The phylogeny tree shows evidence that sulfatases are found in species of Bacteria and Eukaryotes. Few of the lower Eukaryotes, Archaea and most plant species lack sulfatases. The significant sequence conservation among different species suggests that sulfatases are members of an evolutionary conserved gene family sharing a common ancestor. Bacteria and lower eukaryotes have fewer sulfatase genes compared with the higher eukaryotes such as humans, suggesting that a common ancestor was more closely related to sulfatases present today in lower sulfatases.


Previous phylogeny studies have found decades ago the sulfatase family underwent a posttranslational modification which is vital for their enzymatic activity. Modifications involved highly conserved cysteine located in the active site of sulfatase, which is modified into formylglycine (FG). The modification factor of cysteine is SUMF1. This gene is highly conserved across species including prokaryotes to eukaryotes ranging from bacteria, fruit flies to mammals. It has been determined that species containing SUMF1 will also contain sulfatases in their genome, this suggests that the sulfatases are targets for this posttranslational modification. SUMF1 and SUMF2 have been identified, however only in vertebrates. Analysis of the evolution of these two factors suggests that SUMF2 evolved independently of SUMF1.

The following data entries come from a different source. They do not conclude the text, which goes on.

-- ===== src/Session/Synced.antt =====
-- The operations of src/session.rs after a completed handshake.
use marlin_binary_transfer.Common.{
  ℕ, zero, suc, ◌≡◌, refl, Bool, true, false, Option, none, some, List, [], ◌∷◌, ◌++◌, Bytes, leb,
  ◌==◌, is_empty, length, Bool-cases, Option-cases, inl, inr, Checked, done, panic, stuck, ◌>>=◌,
  ◌>>◌, assert,
}
use marlin_binary_transfer.Text.{Str}
use marlin_binary_transfer.Codec.{max_payload}
use marlin_binary_transfer.Session.State.{InFlight, Queued, Session}
use marlin_binary_transfer.Session.Lines.{strip_line_endings, drain_line}
use marlin_binary_transfer.Session.Chunks.{with_buf, loop_ends, loop_step}
use marlin_binary_transfer.Session.Operations.{
  build, queue, dispatch, dispatch_from, dispatch_if_idle, send, handle_ok_from, handle_ok,
  ss_fields, handle_ss_fields, handle_ss, Line, ok_line, rs_line, ss_line, fe_line, text_line,
  garbage, act, process_line, take_line, feed_loop, feed, tick_from, tick,
  saturating_duration_since,
}

-- If the call returns, then with a completed handshake.
abbrev pub StaysSynced : Checked Session → Type 0
StaysSynced (done s) = s.is_synced ≡ true
StaysSynced panic = Unit
StaysSynced stuck = Unit

abbrev pub IsSynced : Session → Type 0
IsSynced s = s.is_synced ≡ true

StaysSynced-bind :
    {A : Type 0} (m : Checked A) (f : A → Checked Session)
    → ((a : A) → StaysSynced (f a))
    → StaysSynced (m >>= f)
StaysSynced-bind (done a) f k = k a
StaysSynced-bind panic f k = tt
StaysSynced-bind stuck f k = tt

StaysSynced-then :
    (m : Checked Session) (f : Session → Checked Session)
    → StaysSynced m
    → ((s : Session) → IsSynced s → StaysSynced (f s))
    → StaysSynced (m >>= f)
StaysSynced-then (done s) f h k = k s h
StaysSynced-then panic f h k = tt
StaysSynced-then stuck f h k = tt

dispatch_if_idle-StaysSynced :
    (s : Session) (now : ℕ) → IsSynced s → StaysSynced (dispatch_if_idle s now)
unfolding dispatch_if_idle
dispatch_if_idle-StaysSynced s now h = from s.in_flight s.queued
  where
    from : (f : Option InFlight) (q : List Queued) → StaysSynced (dispatch_from f q s now)
    from (some f) q = h
    from none [] = h
    from none (x ∷ q) =
        unfold dispatch in StaysSynced-bind (build x.bytes_without_sync s.sync) _ (λ bytes. h)

handle_ok-StaysSynced : (s : Session) (n now : ℕ) → IsSynced s → StaysSynced (handle_ok s n now)
unfolding handle_ok handle_ok_from
handle_ok-StaysSynced s n now h = from s.in_flight
  where
    from : (f : Option InFlight) → StaysSynced (handle_ok_from f s n now)
    from none = h
    from (some f) = elim (Bool-cases f.is_sync_handshake) [
      | inl e ↦ rw e h
      | inr e ↦ elim (Bool-cases (n == f.sync)) [
        | inl g ↦ rw (e, g) (dispatch_if_idle-StaysSynced _ now h)
        | inr g ↦ rw (e, g) h
      ]
    ]

handle_ss-StaysSynced :
    (s : Session) (rest : Bytes) (now : ℕ) → IsSynced s → StaysSynced (handle_ss s rest now)
unfolding handle_ss handle_ss_fields
handle_ss-StaysSynced s rest now h = from (ss_fields rest)
  where
    from : (fields : Option (ℕ × ℕ × Str)) → StaysSynced (handle_ss_fields fields s now)
    from none = h
    from (some (n, size, version)) = dispatch_if_idle-StaysSynced _ now refl

act-StaysSynced : (line : Line) (s : Session) (now : ℕ) → IsSynced s → StaysSynced (act line s now)
unfolding act
act-StaysSynced (ok_line n) s now h = handle_ok-StaysSynced s n now h
act-StaysSynced (rs_line n) s now h = h
act-StaysSynced (ss_line rest) s now h = handle_ss-StaysSynced s rest now h
act-StaysSynced fe_line s now h = h
act-StaysSynced (text_line text) s now h = h
act-StaysSynced garbage s now h = h

take_line-StaysSynced :
    (s : Session) (line : Bytes) (now : ℕ) → IsSynced s → StaysSynced (take_line s line now)
unfolding take_line process_line
take_line-StaysSynced s line now h = elim (Bool-cases (is_empty (strip_line_endings line))) [
  | inl e ↦ rw e h
  | inr e ↦ rw e (act-StaysSynced _ s now h)
]

feed_loop-StaysSynced :
    (fuel : ℕ) (buf : Bytes) (s : Session) (now : ℕ)
    → IsSynced s
    → StaysSynced (feed_loop fuel (with_buf buf s) now)
feed_loop-StaysSynced zero buf s now h = unfold feed_loop in tt
feed_loop-StaysSynced (suc fuel) buf s now h = elim (Option-cases (drain_line buf)) [
  | inl e ↦ rw (loop_ends fuel buf s now e) h
  | inr ((line, rest), e) ↦ rw (loop_step fuel buf s now e) (
      StaysSynced-then (take_line s line now) _ (take_line-StaysSynced s line now h)
        (λ t k. feed_loop-StaysSynced fuel rest t now k))
]

pub feed-StaysSynced :
    (s : Session) (bytes : Bytes) (now : ℕ) → IsSynced s → StaysSynced (feed s bytes now)
unfolding feed
feed-StaysSynced s bytes now h = feed_loop-StaysSynced _ (s.inbound_buf ++ bytes) s now h

pub tick-StaysSynced : (s : Session) (now : ℕ) → IsSynced s → StaysSynced (tick s now)
unfolding tick tick_from
tick-StaysSynced s now h = from s.in_flight
  where
    from : (f : Option InFlight) → StaysSynced (tick_from f s now)
    from none = h
    from (some f) =
        elim (Bool-cases (leb s.total_timeout (saturating_duration_since now f.first_sent))) [
          | inl e ↦ rw e (dispatch_if_idle-StaysSynced _ now h)
          | inr e ↦
              elim (Bool-cases
                (leb s.response_timeout (saturating_duration_since now f.last_sent))) [
                  | inl g ↦ rw (e, g) h
                  | inr g ↦ rw (e, g) h
                ]
        ]

asserted : (test : Bool) (m : Checked Session) → StaysSynced m → StaysSynced (assert test >> m)
asserted true m h = h
asserted false m h = tt

pub send-StaysSynced :
    (s : Session) (protocol packet_type : ℕ) (payload : Bytes) (now : ℕ)
    → IsSynced s
    → StaysSynced (send s protocol packet_type payload now)
unfolding send queue
send-StaysSynced s protocol packet_type payload now h = asserted s.is_synced _ (
    asserted (leb protocol 15) _ (
      asserted (leb packet_type 15) _ (
        asserted (leb (length payload) max_payload) _
          (dispatch_if_idle-StaysSynced (queue s protocol packet_type payload false) now h))))
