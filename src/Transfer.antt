-- ===== src/Transfer.antt =====
-- The client of the file-transfer protocol: src/file_transfer.rs.
pub mod State
pub mod Compression
pub mod Operations
pub mod Invariant
pub mod Fits
pub mod Keeps
pub mod Sessions
pub mod Gates
pub mod Reach
pub mod Panics
pub mod Answers
pub mod Drain
pub mod Replies
pub mod Late
pub mod Online
pub mod Spec
pub mod Query
pub mod Diagram
pub mod Lifecycle
mod Runs
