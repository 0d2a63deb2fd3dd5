-- ===== src/Transfer/Answers.antt =====
-- The table of replies in the documentation of src/file_transfer.rs: what each line `PFT:...` means to
-- OPEN, WRITE, CLOSE and ABORT.
use marlin_binary_transfer.Common.{
  ◌≡◌, refl, arith, Option, none, some, List, [], ◌∷◌, equal, Bool-cases, equal→eq, inl, inr, true,
  false, if◌then◌else◌,
}
use marlin_binary_transfer.Text.{Str, codes, starts_with, strip_prefix}
use marlin_binary_transfer.Session.State.{Event, synced, resend_requested, ascii_line}
use marlin_binary_transfer.Transfer.State.{
  io_error, no_open_file, protocol_violation, FileError, FileEvent, State, PendingAscii,
  open_success, close_success, close_io_error, close_invalid, abort_success,
}
use marlin_binary_transfer.Transfer.Operations.{reply_line}

-- The reply lines of each request that has them, and what each means.
abbrev pub open_answer : Str → Option FileEvent
open_answer line =
    if equal line (codes "PFT:success")
    then some FileEvent.opened
    else if equal line (codes "PFT:busy")
    then some (FileEvent.failed FileError.open_busy)
    else if equal line (codes "PFT:fail")
    then some (FileEvent.failed FileError.open_fail)
    else none

abbrev pub close_answer : Str → Option FileEvent
close_answer line =
    if equal line (codes "PFT:success")
    then some FileEvent.closed
    else if equal line (codes "PFT:ioerror")
    then some (FileEvent.failed io_error)
    else if equal line (codes "PFT:invalid")
    then some (FileEvent.failed no_open_file)
    else none

abbrev pub abort_answer : Str → Option FileEvent
abort_answer line = if equal line (codes "PFT:success") then some FileEvent.abort_acked else none

abbrev pub answer : State → Str → Option FileEvent
answer State.awaiting_open_reply line = open_answer line
answer State.awaiting_close_reply line = close_answer line
answer State.awaiting_abort_reply line = abort_answer line
answer _ line = none

-- What an acknowledgement without a reply line means: WRITE has no reply line.
abbrev pub unanswered : State → FileEvent
unanswered State.awaiting_open_reply =
    FileEvent.failed (protocol_violation "AwaitingOpenReply" "PFT:success | PFT:busy | PFT:fail")
unanswered State.awaiting_close_reply =
    FileEvent.failed
      (protocol_violation "AwaitingCloseReply" "PFT:success | PFT:ioerror | PFT:invalid")
unanswered State.awaiting_abort_reply =
    FileEvent.failed (protocol_violation "AwaitingAbortReply" "PFT:success")
unanswered _ = FileEvent.write_acked

-- The meaning of the last reply line.
abbrev pub or_else : Option FileEvent → FileEvent → FileEvent
or_else (some event) before = event
or_else none before = before

unfoldable pub last_answer : State → FileEvent → List Event → FileEvent
last_answer state before [] = before
last_answer state before (ascii_line line ∷ events) =
    last_answer state (or_else (answer state line) before) events
last_answer state before (event ∷ events) = last_answer state before events

-- The state that an event of a request leads to.
abbrev pub reached : FileEvent → State
reached (FileEvent.negotiated version compression) = State.negotiated
reached FileEvent.opened = State.opened
reached FileEvent.write_acked = State.opened
reached FileEvent.closed = State.closed
reached FileEvent.abort_acked = State.aborted
reached (FileEvent.failed error) = State.failed

-- The states of the four requests.
abbrev pub IsAwaiting : State → Type 0
IsAwaiting State.awaiting_open_reply = Unit
IsAwaiting State.awaiting_write_ack = Unit
IsAwaiting State.awaiting_close_reply = Unit
IsAwaiting State.awaiting_abort_reply = Unit
IsAwaiting _ = ⊥

-- The events that leave a request waiting.
abbrev pub IsQuiet : Event → Type 0
IsQuiet (ascii_line line) = Unit
IsQuiet (synced max_block_size protocol_version) = Unit
IsQuiet (resend_requested n) = Unit
IsQuiet _ = ⊥

-- What an acknowledgement makes of the pending line.
abbrev pub meaning : State → Option PendingAscii → FileEvent
meaning state (some open_success) = FileEvent.opened
meaning state (some PendingAscii.open_busy) = FileEvent.failed FileError.open_busy
meaning state (some PendingAscii.open_fail) = FileEvent.failed FileError.open_fail
meaning state (some close_success) = FileEvent.closed
meaning state (some close_io_error) = FileEvent.failed io_error
meaning state (some close_invalid) = FileEvent.failed no_open_file
meaning state (some abort_success) = FileEvent.abort_acked
meaning state _ = unanswered state

-- A line that is one word is not another.
distinct : (line a b : Str) → equal a b ≡ false → equal line a ≡ true → equal line b ≡ false
distinct line a b e t = rw (equal→eq line a t) e

pub reply_line-meaning :
    (state : State) (line : Str) (pending : Option PendingAscii)
    → IsAwaiting state
    → meaning state (reply_line line state pending)
      ≡ or_else (answer state line) (meaning state pending)
unfolding reply_line equal
reply_line-meaning State.awaiting_open_reply line pending h = ground arith
reply_line-meaning State.awaiting_close_reply line pending h = ground (
  arith,
  distinct line (codes "PFT:busy") (codes "PFT:ioerror") refl,
  distinct line (codes "PFT:busy") (codes "PFT:invalid") refl,
  distinct line (codes "PFT:fail") (codes "PFT:ioerror") refl,
  distinct line (codes "PFT:fail") (codes "PFT:invalid") refl,
)
reply_line-meaning State.awaiting_abort_reply line pending h = ground arith
reply_line-meaning State.awaiting_write_ack line pending h = ground arith
reply_line-meaning State.idle line pending h = absurd h
reply_line-meaning State.awaiting_query_reply line pending h = absurd h
reply_line-meaning State.negotiated line pending h = absurd h
reply_line-meaning State.opened line pending h = absurd h
reply_line-meaning State.closed line pending h = absurd h
reply_line-meaning State.aborted line pending h = absurd h
reply_line-meaning State.failed line pending h = absurd h

-- A version line is none of the reply lines.
version_line-equal :
    (line word : Str) (rest : Str)
    → strip_prefix line (codes "PFT:version:") ≡ some rest
    → strip_prefix word (codes "PFT:version:") ≡ none
    → equal line word ≡ false
version_line-equal line word rest e f = elim (Bool-cases (equal line word)) [
  | inl t ↦ cc (e, f, equal→eq line word t)
  | inr t ↦ t
]

pub version_line-answer :
    (state : State) (line rest : Str)
    → strip_prefix line (codes "PFT:version:") ≡ some rest
    → answer state line ≡ none
unfolding strip_prefix starts_with equal
version_line-answer state line rest e = by_state state
  where
    success : equal line (codes "PFT:success") ≡ false
    success = version_line-equal line _ rest e refl

    busy : equal line (codes "PFT:busy") ≡ false
    busy = version_line-equal line _ rest e refl

    fails : equal line (codes "PFT:fail") ≡ false
    fails = version_line-equal line _ rest e refl

    io : equal line (codes "PFT:ioerror") ≡ false
    io = version_line-equal line _ rest e refl

    invalid : equal line (codes "PFT:invalid") ≡ false
    invalid = version_line-equal line _ rest e refl

    by_state : (state : State) → answer state line ≡ none
    by_state State.awaiting_open_reply = rw (success, busy, fails) refl
    by_state State.awaiting_close_reply = rw (success, io, invalid) refl
    by_state State.awaiting_abort_reply = rw success refl
    by_state State.idle = refl
    by_state State.awaiting_query_reply = refl
    by_state State.negotiated = refl
    by_state State.opened = refl
    by_state State.awaiting_write_ack = refl
    by_state State.closed = refl
    by_state State.aborted = refl
    by_state State.failed = refl
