-- ===== src/Transfer/Diagram.antt =====
-- The lifecycle at the head of src/file_transfer.rs as a specification, and the runs of a program
-- that uses a transfer.
use marlin_binary_transfer.Common.{
  ℕ, ◌≡◌, Bool, Option, none, some, List, [], ◌∷◌, ◌++◌, Bytes, done,
}
use marlin_binary_transfer.Text.{Str}
use marlin_binary_transfer.Session.State.{Session}
use marlin_binary_transfer.Transfer.State.{
  Compression, FileError, FileEvent, State, FileTransfer, new,
}
use marlin_binary_transfer.Transfer.Operations.{
  query, open_file, write, close, abort, feed, tick, poll_outbound, poll,
}

-- The arrows that a request takes.
pub data Requests : State → State → Type 0 where
  queries : Requests State.idle State.awaiting_query_reply
  opens : Requests State.negotiated State.awaiting_open_reply
  writes : Requests State.opened State.awaiting_write_ack
  closes : Requests State.opened State.awaiting_close_reply
  aborts : Requests State.opened State.awaiting_abort_reply

-- The arrows that an event takes. A failure can come in every state.
pub data Answers : State → FileEvent → State → Type 0 where
  negotiates :
      {version : Str} {compression : Compression}
      → Answers State.awaiting_query_reply
          (FileEvent.negotiated version compression)
          State.negotiated
  opened : Answers State.awaiting_open_reply FileEvent.opened State.opened
  written : Answers State.awaiting_write_ack FileEvent.write_acked State.opened
  closed : Answers State.awaiting_close_reply FileEvent.closed State.closed
  aborted : Answers State.awaiting_abort_reply FileEvent.abort_acked State.aborted
  fails : {state : State} {error : FileError} → Answers state (FileEvent.failed error) State.failed

-- A path from `Idle`, with the events on it.
pub data Journey : State → List FileEvent → Type 0 where
  begins : Journey State.idle []
  requests :
      {state next : State} {events : List FileEvent}
      → Journey state events
      → Requests state next
      → Journey next events
  answers :
      {state next : State} {events : List FileEvent} {event : FileEvent}
      → Journey state events
      → Answers state event next
      → Journey next (events ++ event ∷ [])

-- The event that `poll` hands out, if any.
abbrev pub handed : Option FileEvent → List FileEvent
handed none = []
handed (some event) = event ∷ []

-- One call of a method other than `poll`, if it returns.
pub data Call : FileTransfer → FileTransfer → Type 0 where
  queries :
      {ft after : FileTransfer} (compression : Compression) (now : ℕ)
      → query ft compression now ≡ done after
      → Call ft after
  opens :
      {ft after : FileTransfer} (name : Str) (dummy : Bool) (now : ℕ)
      → open_file ft name dummy now ≡ done after
      → Call ft after
  writes :
      {ft after : FileTransfer} (chunk : Bytes) (now : ℕ)
      → write ft chunk now ≡ done after
      → Call ft after
  closes : {ft after : FileTransfer} (now : ℕ) → close ft now ≡ done after → Call ft after
  aborts : {ft after : FileTransfer} (now : ℕ) → abort ft now ≡ done after → Call ft after
  polls_outbound : {ft : FileTransfer} → Call ft (poll_outbound ft).0
  feeds :
      {ft after : FileTransfer} (bytes : Bytes) (now : ℕ)
      → feed ft bytes now ≡ done after
      → Call ft after
  ticks : {ft after : FileTransfer} (now : ℕ) → tick ft now ≡ done after → Call ft after

-- A run of a program that uses a transfer: what it calls, and the events that `poll` has handed out.
pub data Run : FileTransfer → List FileEvent → Type 0 where
  start : {session : Session} → Run (new session) []
  called :
      {ft after : FileTransfer} {given : List FileEvent}
      → Run ft given
      → Call ft after
      → Run after given
  polled :
      {ft : FileTransfer} {given : List FileEvent}
      → Run ft given
      → Run (poll ft).0 (given ++ handed (poll ft).1)
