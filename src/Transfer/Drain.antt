-- ===== src/Transfer/Drain.antt =====
-- The events of a session as `poll` of src/file_transfer.rs handles them while a request is under way.
use marlin_binary_transfer.Common.{ℕ, ◌≡◌, refl, sym, Option, none, some, List, [], ◌∷◌, ◌++◌, All}
use marlin_binary_transfer.Text.{Str, codes, strip_prefix}
use marlin_binary_transfer.Session.State.{
  Event, synced, ack, resend_requested, ascii_line, fatal_error, out_of_sync, timeout,
}
use marlin_binary_transfer.Transfer.State.{
  FileEvent, State, PendingAscii, query_version, query_failed, open_success, close_success,
  close_io_error, close_invalid, abort_success, FileTransfer, fail,
}
use marlin_binary_transfer.Transfer.Operations.{
  version_line, ascii_tail, handle_ascii_line, on_ack, handle_ack, handle_session_event,
  drain_events,
}
use marlin_binary_transfer.Transfer.Invariant.{PendingFits, IsConsistent}
use marlin_binary_transfer.Transfer.Keeps.{
  handle_session_event-IsConsistent, with_session-IsConsistent,
}
use marlin_binary_transfer.Transfer.Answers.{
  answer, or_else, last_answer, reached, IsAwaiting, IsQuiet, meaning, reply_line-meaning,
  version_line-answer,
}

-- A quiet event changes neither the state nor the events, and the pending line as the table says.
pub record Waits (ft after : FileTransfer) (event : FileEvent) : Type 0 where
  state : after.state ≡ ft.state
  out_events : after.out_events ≡ ft.out_events
  means : meaning ft.state after.pending_ascii ≡ event

pub version_line-waits :
    (state : State) (rest : Str) (ft : FileTransfer)
    → IsAwaiting state
    → version_line state rest ft ≡ ft
unfolding version_line
version_line-waits State.idle rest ft h = absurd h
version_line-waits State.awaiting_query_reply rest ft h = absurd h
version_line-waits State.negotiated rest ft h = absurd h
version_line-waits State.awaiting_open_reply rest ft h = refl
version_line-waits State.opened rest ft h = absurd h
version_line-waits State.awaiting_write_ack rest ft h = refl
version_line-waits State.awaiting_close_reply rest ft h = refl
version_line-waits State.closed rest ft h = absurd h
version_line-waits State.awaiting_abort_reply rest ft h = refl
version_line-waits State.aborted rest ft h = absurd h
version_line-waits State.failed rest ft h = absurd h

pub ascii_tail-Waits :
    (ft : FileTransfer) (line : Str) (tail : Option Str)
    → tail ≡ strip_prefix line (codes "PFT:version:")
    → IsAwaiting ft.state
    → Waits ft
        (ascii_tail tail line ft)
        (or_else (answer ft.state line) (meaning ft.state ft.pending_ascii))
unfolding ascii_tail
ascii_tail-Waits ft line (some rest) e h =
    rw (version_line-waits ft.state rest ft h, version_line-answer ft.state line rest (sym e))
      (record { state = refl; out_events = refl; means = refl })
ascii_tail-Waits ft line none e h = record {
  state = refl;
  out_events = refl;
  means = reply_line-meaning ft.state line ft.pending_ascii h;
}

-- An acknowledgement answers the request.
pub record Answered (before : List FileEvent) (after : FileTransfer) (event : FileEvent)
    : Type 0 where
  pub state : after.state ≡ reached event
  pub out_events : after.out_events ≡ before ++ event ∷ []
  pub pending_ascii : after.pending_ascii ≡ none

pub handle_ack-Answered :
    (ft : FileTransfer) (state : State) (pending : Option PendingAscii)
    → IsAwaiting state
    → PendingFits state pending
    → Answered ft.out_events
        (on_ack state pending (record ft { pending_ascii = none }))
        (meaning state pending)
unfolding on_ack fail
handle_ack-Answered ft State.idle pending h p = absurd h
handle_ack-Answered ft State.awaiting_query_reply pending h p = absurd h
handle_ack-Answered ft State.negotiated pending h p = absurd h
handle_ack-Answered ft State.awaiting_open_reply none h p = record {
  state = refl;
  out_events = refl;
  pending_ascii = refl;
}
handle_ack-Answered ft State.awaiting_open_reply (some (query_version version compression)) h p =
    absurd p
handle_ack-Answered ft State.awaiting_open_reply (some (query_failed error)) h p = absurd p
handle_ack-Answered ft State.awaiting_open_reply (some open_success) h p = record {
  state = refl;
  out_events = refl;
  pending_ascii = refl;
}
handle_ack-Answered ft State.awaiting_open_reply (some PendingAscii.open_busy) h p = record {
  state = refl;
  out_events = refl;
  pending_ascii = refl;
}
handle_ack-Answered ft State.awaiting_open_reply (some PendingAscii.open_fail) h p = record {
  state = refl;
  out_events = refl;
  pending_ascii = refl;
}
handle_ack-Answered ft State.awaiting_open_reply (some close_success) h p = absurd p
handle_ack-Answered ft State.awaiting_open_reply (some close_io_error) h p = absurd p
handle_ack-Answered ft State.awaiting_open_reply (some close_invalid) h p = absurd p
handle_ack-Answered ft State.awaiting_open_reply (some abort_success) h p = absurd p
handle_ack-Answered ft State.opened pending h p = absurd h
handle_ack-Answered ft State.awaiting_write_ack none h p = record {
  state = refl;
  out_events = refl;
  pending_ascii = refl;
}
handle_ack-Answered ft State.awaiting_write_ack (some pending) h p = absurd p
handle_ack-Answered ft State.awaiting_close_reply none h p = record {
  state = refl;
  out_events = refl;
  pending_ascii = refl;
}
handle_ack-Answered ft State.awaiting_close_reply (some (query_version version compression)) h p =
    absurd p
handle_ack-Answered ft State.awaiting_close_reply (some (query_failed error)) h p = absurd p
handle_ack-Answered ft State.awaiting_close_reply (some open_success) h p = absurd p
handle_ack-Answered ft State.awaiting_close_reply (some PendingAscii.open_busy) h p = absurd p
handle_ack-Answered ft State.awaiting_close_reply (some PendingAscii.open_fail) h p = absurd p
handle_ack-Answered ft State.awaiting_close_reply (some close_success) h p = record {
  state = refl;
  out_events = refl;
  pending_ascii = refl;
}
handle_ack-Answered ft State.awaiting_close_reply (some close_io_error) h p = record {
  state = refl;
  out_events = refl;
  pending_ascii = refl;
}
handle_ack-Answered ft State.awaiting_close_reply (some close_invalid) h p = record {
  state = refl;
  out_events = refl;
  pending_ascii = refl;
}
handle_ack-Answered ft State.awaiting_close_reply (some abort_success) h p = absurd p
handle_ack-Answered ft State.closed pending h p = absurd h
handle_ack-Answered ft State.awaiting_abort_reply none h p = record {
  state = refl;
  out_events = refl;
  pending_ascii = refl;
}
handle_ack-Answered ft State.awaiting_abort_reply (some (query_version version compression)) h p =
    absurd p
handle_ack-Answered ft State.awaiting_abort_reply (some (query_failed error)) h p = absurd p
handle_ack-Answered ft State.awaiting_abort_reply (some open_success) h p = absurd p
handle_ack-Answered ft State.awaiting_abort_reply (some PendingAscii.open_busy) h p = absurd p
handle_ack-Answered ft State.awaiting_abort_reply (some PendingAscii.open_fail) h p = absurd p
handle_ack-Answered ft State.awaiting_abort_reply (some close_success) h p = absurd p
handle_ack-Answered ft State.awaiting_abort_reply (some close_io_error) h p = absurd p
handle_ack-Answered ft State.awaiting_abort_reply (some close_invalid) h p = absurd p
handle_ack-Answered ft State.awaiting_abort_reply (some abort_success) h p = record {
  state = refl;
  out_events = refl;
  pending_ascii = refl;
}
handle_ack-Answered ft State.aborted pending h p = absurd h
handle_ack-Answered ft State.failed pending h p = absurd h

pub handle_quiet-Waits :
    (event : Event) (ft : FileTransfer)
    → IsQuiet event
    → IsAwaiting ft.state
    → Waits ft
        (handle_session_event ft event)
        (last_answer ft.state (meaning ft.state ft.pending_ascii) (event ∷ []))
unfolding handle_session_event handle_ascii_line last_answer
handle_quiet-Waits (ascii_line line) ft q h = ascii_tail-Waits ft line _ refl h
handle_quiet-Waits (synced max_block_size protocol_version) ft q h = record {
  state = refl;
  out_events = refl;
  means = refl;
}
handle_quiet-Waits (resend_requested n) ft q h = record {
  state = refl;
  out_events = refl;
  means = refl;
}
handle_quiet-Waits (ack n) ft q h = absurd q
handle_quiet-Waits fatal_error ft q h = absurd q
handle_quiet-Waits (out_of_sync expected got) ft q h = absurd q
handle_quiet-Waits (timeout sync) ft q h = absurd q

pub last_answer-cons :
    (state : State) (before : FileEvent) (event : Event) (events : List Event)
    → last_answer state before (event ∷ events)
      ≡ last_answer state (last_answer state before (event ∷ [])) events
unfolding last_answer
last_answer-cons state before (ascii_line line) events = refl
last_answer-cons state before (synced m v) events = refl
last_answer-cons state before (ack n) events = refl
last_answer-cons state before (resend_requested n) events = refl
last_answer-cons state before fatal_error events = refl
last_answer-cons state before (out_of_sync expected got) events = refl
last_answer-cons state before (timeout sync) events = refl

-- The events up to the acknowledgement answer the request, and the others come after that.
pub record AnsweredFirst (before : List FileEvent) (more : List Event) (result : FileTransfer)
    (event : FileEvent) : Type 0 where
  pub between : FileTransfer
  pub answered : Answered before between event
  pub goes_on : result ≡ drain_events more between

pub after_quiet :
    (ft next after : FileTransfer) (more : List Event) (event : FileEvent) (events : List Event)
    → Waits ft next event
    → AnsweredFirst next.out_events more after
        (last_answer next.state (meaning next.state next.pending_ascii) events)
    → AnsweredFirst ft.out_events more after (last_answer ft.state event events)
after_quiet ft next after more event events w a = rw (w.state, w.out_events, w.means) at a

pub drain_events-AnsweredFirst :
    (events more : List Event) (n : ℕ) (ft : FileTransfer)
    → IsConsistent ft
    → IsAwaiting ft.state
    → All IsQuiet events
    → AnsweredFirst ft.out_events more
        (drain_events (events ++ ack n ∷ more) ft)
        (last_answer ft.state (meaning ft.state ft.pending_ascii) events)
unfolding drain_events last_answer
drain_events-AnsweredFirst [] more n ft v h q = record {
  between = handle_ack (record ft { session = record (ft.session) { events = more } });
  answered =
      unfold handle_ack in
      handle_ack-Answered (record ft { session = record (ft.session) { events = more } }) ft.state
        ft.pending_ascii h v.pending_fits;
  goes_on = unfold handle_session_event in refl;
}
drain_events-AnsweredFirst (event ∷ events) more n ft v h (q, qs) =
    let taken : FileTransfer = record ft {
      session = record (ft.session) { events = events ++ ack n ∷ more };
    } in
    let w = handle_quiet-Waits event taken q h in
    rw (last_answer-cons ft.state (meaning ft.state ft.pending_ascii) event events) (
      after_quiet taken (handle_session_event taken event) _ more _ events w (
        drain_events-AnsweredFirst events more n (handle_session_event taken event)
          (handle_session_event-IsConsistent event taken (with_session-IsConsistent _ ft v))
          (rw w.state h) qs))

In addition, it has been found that some bacteria have been identified with serine in place of cysteine and this has been true for ASK. As well as cysteine, serine also undergoes modification into FG, however another modifying factor named AtsB is used rather than SUMF1, which are found not be related. Studies show most bacteria containing SUMF1 genes will side with cysteine-type sulfatase, whereas the AtsB gene will side with both cysteine and serine-type sulfatases, suggesting that AstB modifies both types of sulfatases. Evolutionary analysis proposes the first type of sulfatase was in fact cysteine, which also coevolved with SUMF1 modifier. Later serine evolved with the AstB modifier, which in turn transferred to other bacteria through horizontal transfer.


Multiple sequence alignment has shown species containing ASB, ASA, ASC and glucosamine-6-sulfatase show similarity extending over entire sequences, especially observed in the N- terminal, which composes one third of the protein. More specifically, conserved amino acid regions containing arginine and histidine residues. Peters (1990) determined histidine and arginine are essential for the catalytic activity in ASA suggesting that the conserved amino acid regions are involved in the assembly of the active sites of all four arylsulfatases.